ADSCs have also been shown to be able to differentiate to Schwann-like cells that can contribute to peripheral nerve regeneration [35]. The secretion of neurotrophic factors, such as NT-3, BDNF, NGF, and GDNF, can accelerate and trigger axonal regrowth, which may contribute to accelerated nerve for the treatment of peripheral nerve regeneration [36]. ADSCs secrete functional neurotrophic and angiogenic factors including BDNF, GDNF, vascular endothelial growth factor-A (VEGF-A), and angiopoietin-1, creating a more desirable microenvironment for nerve regeneration [37]. Synergistic overexpression of BDNF and NT‑3 has the ability to promote the neuronal differentiation of ADSCs, which was in line with our results that increased expressions of NT-3 and BDNF after TWIST1 silencing to enhance the sciatic nerve repair conferred by ADSCs [38]. When TWIST1 expression was inhibited in ADSCs, NT-3, BDNF, NGF, and GDNF were enhanced thus stimulates neurotrophic properties of ADSCs. In a previous study, human platelet lysate-cultured ADSCs resulted in enhanced neurotrophic properties showing higher gene expression of NGF compared to Schwann cells differentiated from ADSCs [39]. TWIST1 knockdown in mutant huntingtin-expressing primary cortical neurons reversed robust gene expression changes related to neuronal function and, importantly, reversed mutant huntingtin-induced DNA hypermethylation at the BDNF regulatory region and reactivate the expression of BDNF [40]. No previous reports showing the regulation of TWIST1 on NT-3 and GDNF expressions promote us to elucidate exact mechanism of TWIST 1 mediating gene induction in further studies. For example, further studies are necessary to perform immunohistochemical analysis of NT-3, BDNF, NGF, and GDNF in the sciatic nerves of rats after sciatic repair to confirm the therapeutic potential of ADSCs with TWIST1 knockdown for the process of peripheral nerve regeneration.

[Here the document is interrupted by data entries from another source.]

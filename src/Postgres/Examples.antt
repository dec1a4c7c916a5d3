-- ===== src/Postgres/Examples.antt =====
-- The theorems on the store in Postgres at a concrete database, which may lose the reply to a statement
-- after it was committed, and at a connection that runs each statement on the tables themselves.
use mcp_ironclaw.Prelude.{
  All, not, ℕ, ◌+◌, ◌*◌, ◌%◌, ◌≡◌, refl, inr, Bool, true, false, none, some, List, [], ◌∷◌, arith,
  ltb, select, length, if◌then◌else◌, ◌==◌, map,
}
use mcp_ironclaw.Go.Int64.{modulus, sum64}
use mcp_ironclaw.Go.Text.{Text, codes, text_eq}
use mcp_ironclaw.Go.Time.{epoch, zero_time}
use mcp_ironclaw.Domain.Errors.{Result, ok, err, foreign}
use mcp_ironclaw.Domain.Key.{AggregateWindow, DeviceState, identity, append}
use mcp_ironclaw.Go.Strconv.{format_int, digits}
use mcp_ironclaw.Go.Map.{find, put, get_or}
use mcp_ironclaw.Store.Memory.{new_memory, known, apply_known, device_key, notify_all}
use mcp_ironclaw.Store.Memory.Records.{refresh, add_counts}
use mcp_ironclaw.Store.Memory.{reset_device as reset_in_memory}
use mcp_ironclaw.Postgres.{reset_device}
use mcp_ironclaw.Store.Memory.{apply_window as apply_in_memory, device_state as state_in_memory}
use mcp_ironclaw.Store.Memory.Ledger.{apply_all as apply_all_in_memory, first_delivered}
use mcp_ironclaw.Postgres.{apply_window, device_state, check_device}
use mcp_ironclaw.Postgres.Counts.{apply_all, succeeded, IsSettled}
use mcp_ironclaw.Postgres.Deliveries.{IsFit}
use mcp_ironclaw.Postgres.{Database, RunsOn, Store, Totals}
use mcp_ironclaw.Postgres.Statements.{
  Table, column_sum, delete_device, device_rows, insert_window, conflicts, same_row,
}
use mcp_ironclaw.Postgres.Agreement.{HasSameCounts, stores_agree, reset_counts_again}
use mcp_ironclaw.Postgres.Keys.{IsKeyed}
use mcp_ironclaw.Postgres.Migration.{ensure_partitions-keeps}
use mcp_ironclaw.Postgres.Partitions.{
  Connection, IsTransactional, Tables, ensure_partitions, in_range, perform, visible,
}

abbrev window : ℕ → ℕ → AggregateWindow
window window_id count = record {
  key = record { user_id = codes "u"; device_id = codes "d"; process_id = 7; pod_id = codes "p" };
  window_id = window_id;
  sequence = window_id;
  window_start = epoch + window_id * 1_000_000_000;
  window_end = epoch + window_id * 1_000_000_000 + 1_000_000_000;
  count = count;
  error_count = 1;
  bytes = 100 * count;
  p95_nanos = 5;
  p99_nanos = 6;
  max_nanos = 7;
}

abbrev pub first : AggregateWindow
first = window 1 3

abbrev second : AggregateWindow
second = window 2 4

-- A table, and which of the next replies are lost.
abbrev pub World : Type 0
World = Table × List Bool

abbrev pub reply : {A : Type 0} → A → List Bool → Result A × List Bool
reply a [] = (ok a, [])
reply a (true ∷ lost) = (err (foreign 1), lost)
reply a (false ∷ lost) = (ok a, lost)

abbrev pub statement : Table × ℕ → List Bool → World × Result ℕ
statement (rows, n) lost = let (r, lost') = reply n lost in ((rows, lost'), r)

abbrev largest : List ℕ → ℕ
largest [] = 0
largest (n ∷ ns) = if ltb (largest ns) n then n else largest ns

abbrev totals_of : Text → Text → Table → Totals
totals_of user device rows = record {
  count = column_sum (λ w. w.count) user device rows;
  error_count = column_sum (λ w. w.error_count) user device rows;
  bytes = column_sum (λ w. w.bytes) user device rows;
  last_window_id = largest (map (λ w. w.window_id) (device_rows user device rows));
}

abbrev pub database : Database World
database = record {
  insert = λ w x. statement (insert_window w x.0) x.1;
  totals = λ user device x. ok (totals_of user device x.0);
  exists_row = λ user device x. ok (not (length (device_rows user device x.0) == 0));
  latest =
      λ user device i x. ok (some (record { p95_nanos = 5; p99_nanos = 6; window_end = epoch }));
  devices = λ user x. ok (record { scanned = []; failure = none });
  delete = λ user device x. statement (delete_device user device x.0) x.1;
}

pub reply-ok : (n m : ℕ) (lost : List Bool) → (reply n lost).0 ≡ ok m → n ≡ m
reply-ok n m [] h = ground arith
reply-ok n m (true ∷ lost) h = ground arith
reply-ok n m (false ∷ lost) h = ground arith

database-RunsOn : RunsOn database (λ x. x.0)
database-RunsOn = record {
  inserted = λ w x n h e. ground (arith, reply-ok (insert_window w x.0).1 n x.1);
  insert_failed = λ w x e h f. inr refl;
  deleted = λ user device x n e. ground (arith, reply-ok (delete_device user device x.0).1 n x.1);
  summed = λ user device x t e.
      let same : totals_of user device x.0 ≡ t = cc in rw (← same) (refl, refl, refl);
}

-- The first delivery is committed and its reply is lost, so that it is delivered again; the bus
-- repeats it once more after the second window.
abbrev deliveries : List AggregateWindow
deliveries = first ∷ first ∷ second ∷ first ∷ []

abbrev start : Store World
start = record { world = ([], true ∷ []); metrics = none }

abbrev canonical : Text → AggregateWindow
canonical i = if text_eq i (identity second) then second else first

abbrev counts : ℕ → ℕ → ℕ → DeviceState
counts count errors bytes = record {
  user_id = codes "u";
  device_id = codes "d";
  count = count;
  error_count = errors;
  bytes = bytes;
  p95_nanos = 5;
  p99_nanos = 6;
  last_window_id = 2;
  last_seen = epoch + 3_000_000_000;
  stale = false;
}

abbrev in_postgres : DeviceState
in_postgres = record (counts 7 2 700) { last_seen = zero_time }

deliveries-IsSettled : IsSettled database (codes "u") (codes "d") deliveries start
unfolding first_delivered
deliveries-IsSettled i =
    let taken : succeeded database deliveries start ≡ first ∷ second ∷ first ∷ [] =
      unfold succeeded apply_window insert_window conflicts same_row text_eq in refl in
    rw taken (ground arith)

deliveries-IsFit : All (IsFit canonical) deliveries
unfolding identity append text_eq format_int digits
deliveries-IsFit =
    let one : IsFit canonical first = (refl, (refl, refl), omega arith) in
    let two : IsFit canonical second = (refl, (refl, refl), omega arith) in
    (one, (one, (two, (one, tt))))

in_postgres-read :
    device_state database (codes "u") (codes "d") (apply_all database deliveries start).world
    ≡ ok in_postgres
unfolding device_state check_device apply_all apply_window insert_window conflicts same_row text_eq
    sum64 select
in_postgres-read = refl

stores_agree_example : HasSameCounts in_postgres (counts 7 2 700)
unfolding apply_in_memory known apply_known identity append format_int digits text_eq device_key
    find put get_or refresh add_counts notify_all state_in_memory apply_all_in_memory
stores_agree_example =
    stores_agree database (λ x. x.0) database-RunsOn canonical (codes "u") (codes "d") deliveries
      start (counts 7 2 700) in_postgres (omega arith) deliveries-IsFit refl deliveries-IsSettled
      refl in_postgres-read

-- The window is counted, the device is reset, and the window is delivered again.
abbrev counted : Store World
counted = record { world = (first ∷ [], []); metrics = none }

abbrev again : DeviceState
again = record (counts 3 1 300) { last_window_id = 1; last_seen = zero_time }

abbrev state_after_reset : DeviceState
state_after_reset = record (counts 0 0 0) {
  p95_nanos = 0;
  p99_nanos = 0;
  last_window_id = 1;
  last_seen = epoch + 2_000_000_000;
}

again-read :
    device_state database
      (codes "u")
      (codes "d")
      (apply_window database first (record counted {
        world = (reset_device database (codes "u") (codes "d") counted.world).0;
      })).0.world
    ≡ ok again
unfolding device_state check_device reset_device delete_device apply_window insert_window conflicts
    same_row text_eq sum64 select
again-read = refl

reset_counts_again_example : (again.count ≡ 3 % modulus) × (state_after_reset.count ≡ 0)
unfolding apply_in_memory known apply_known identity append format_int digits text_eq device_key
    find put get_or refresh add_counts notify_all state_in_memory reset_in_memory reset_device
    delete_device apply_window insert_window conflicts same_row select
reset_counts_again_example =
    reset_counts_again database (λ x. x.0) database-RunsOn first counted new_memory again
      state_after_reset (refl, refl) refl refl again-read refl

-- A connection whose transactions work on the tables themselves.
abbrev connection : Connection Tables Tables
connection = record {
  ensure = λ start end x. (
    x,
    if length (select (in_range start end) x.default_rows) == 0
        then none
        else some (foreign 23_514),
  );
  begin = λ x. (x, ok x);
  exec = λ start end st t. (perform start end st t, none);
  commit = λ t x. (t, none);
  rollback = λ t x. x;
  is_check_violation = λ e. true;
}

connection-IsTransactional : IsTransactional connection (λ x. x) (λ t. t)
connection-IsTransactional = record {
  ensured = λ start end x. refl;
  begun = λ x. refl;
  isolated = λ x t e. cc;
  executed = λ start end st t e. refl;
  committed = λ t x e. refl;
  commit_failed = λ t x e f. inr refl;
  rolled_back = λ t x. refl;
}

-- The first window waits in the default partition.
abbrev tables : Tables
tables = record { attached = true; default_rows = first ∷ []; daily_rows = second ∷ [] }

ensure_partitions-keeps_example :
    let t = (ensure_partitions connection epoch 2 tables).0 in
    (t.attached ≡ true)
    × IsKeyed (visible t)
    × ((f : AggregateWindow → ℕ) (user device : Text)
        → column_sum f user device (visible t) ≡ column_sum f user device (visible tables))
unfolding IsKeyed conflicts same_row text_eq
ensure_partitions-keeps_example =
    ensure_partitions-keeps connection (λ x. x) (λ t. t) connection-IsTransactional epoch 2 tables
      refl (refl, (refl, tt))
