-- ===== src/Postgres/DurableExamples.antt =====
-- The way from the bus to the archive at concrete records: a database that loses a reply, and a record
-- that cannot be decoded.
use mcp_ironclaw.Prelude.{
  ℕ, arith, ◌/◌, ◌*◌, ◌+◌, inr, ◌≡◌, refl, true, Option, none, some, List, [], ◌∷◌, ◌++◌, All,
}
use mcp_ironclaw.Go.Text.{codes}
use mcp_ironclaw.Domain.Errors.{Error, Result, ok, err, foreign}
use mcp_ironclaw.Services.Handlers.{Handler}
use mcp_ironclaw.Wire.Codec.{Codec, ProtobufLibrary, protobuf}
use mcp_ironclaw.KafkaBus.{KafkaRecord, Produce}
use mcp_ironclaw.KafkaBus.Consumer.{Commit, Consumer, Setup, fetched, poll_round}
use mcp_ironclaw.KafkaBus.Polling.{committed}
use mcp_ironclaw.Postgres.{Database, Store}
use mcp_ironclaw.Postgres.Statements.{insert_window}
use mcp_ironclaw.Wire.{WindowMessage, window_message}
use mcp_ironclaw.Go.Time.{epoch}
use mcp_ironclaw.Postgres.Archive.{IsSafe, TakenBy, archive, StoresIn, row_of}
use mcp_ironclaw.Postgres.Durable.{committed-IsSafe}
use mcp_ironclaw.Postgres.Examples.{World, database, statement, reply-ok, first}

-- The codec of protocol buffers, with a library in which every value but the empty one is a window of
-- ten nanoseconds.
abbrev read_window : List ℕ → Result WindowMessage
read_window [] = err (foreign 2)
read_window (b ∷ bs) = ok (window_message (record first { window_end = epoch + 10 }))

abbrev library : ProtobufLibrary
library = record {
  batches = record { marshal = λ m. err (foreign 3); unmarshal = λ raw. err (foreign 3) };
  windows = record { marshal = λ m. ok (1 ∷ []); unmarshal = read_window };
}

abbrev codec : Codec
codec = protobuf library

-- A database that keeps whole microseconds.
abbrev microseconds : ℕ → ℕ
microseconds t = t / 1000 * 1000

abbrev keeping : Database World
keeping = record database {
  insert = λ w x. statement (insert_window (row_of microseconds w) x.0) x.1;
}

keeping-StoresIn : StoresIn keeping (λ x. x.0) microseconds
keeping-StoresIn = record {
  inserted =
      λ w x n e. ground (arith, reply-ok (insert_window (row_of microseconds w) x.0).1 n x.1);
  insert_failed = λ w x e f. inr refl;
}

abbrev letters : Produce (List KafkaRecord)
letters r rs = (r ∷ rs, none)

abbrev archiver : Setup (Handler (Store World)) (List KafkaRecord)
archiver = record {
  dead_letter = some letters;
  dead_letter_topic = codes "dead";
  max_attempts = 2;
  on_error = λ attempt e v. v;
  message = λ e. codes "failed";
}

abbrev running : Handler (Store World) → Option Error
running v = none

abbrev consumer : Consumer (Handler (Store World)) (List KafkaRecord) (List KafkaRecord)
consumer = record {
  world = record { world = record { world = ([], true ∷ []); metrics = none }; metrics = none };
  dead_client = [];
  offsets = [];
  metrics = none;
}

abbrev commit_records : Commit (List KafkaRecord)
commit_records rs k = (k ++ rs, none)

abbrev carrying : List ℕ → KafkaRecord
carrying raw = record { topic = codes "windows"; key = codes "u"; value = raw; headers = [] }

abbrev records : List KafkaRecord
records = carrying (7 ∷ []) ∷ carrying [] ∷ carrying (8 ∷ []) ∷ []

committed-IsSafe_example :
    let s' =
      (poll_round archiver commit_records
        (archive keeping codec)
        none
        none
        running
        (fetched records)
        consumer).0 in
    (handled : List KafkaRecord) × (rest : List KafkaRecord) × (records ≡ handled ++ rest)
    × (s'.offsets ≡ (committed archiver commit_records (archive keeping codec) handled []).0)
    × ((dead : List KafkaRecord) × (x : List KafkaRecord) × TakenBy archiver [] dead x
        × All (IsSafe (λ x. x.0) microseconds codec dead s'.world) handled)
committed-IsSafe_example =
    committed-IsSafe keeping (λ x. x.0) microseconds keeping-StoresIn codec archiver (λ n e v. refl)
      running commit_records none records consumer
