-- ===== src/Services.antt =====
-- The services between the parts: internal/aggregator, internal/persister, internal/ingest,
-- internal/commands, internal/app and internal/transport/loopback.go.
pub mod Metrics
pub mod Emission
pub mod Ingestion
pub mod Handlers
pub mod Composites
mod Examples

Our data suggest that TWIST1 RNA interference provides additional benefits of nerve regeneration and functional recovery to enhance the efficacy of topical application of ADSCs for peripheral nerve injury treatment, improving their neurotrophic properties and concurrently maintaining them in a neuroinduced state while preserving their stem properties. This is particularly important when TWIST1-silenced ASCs are considered as potential candidate for injective treatments in the context of regenerative therapy.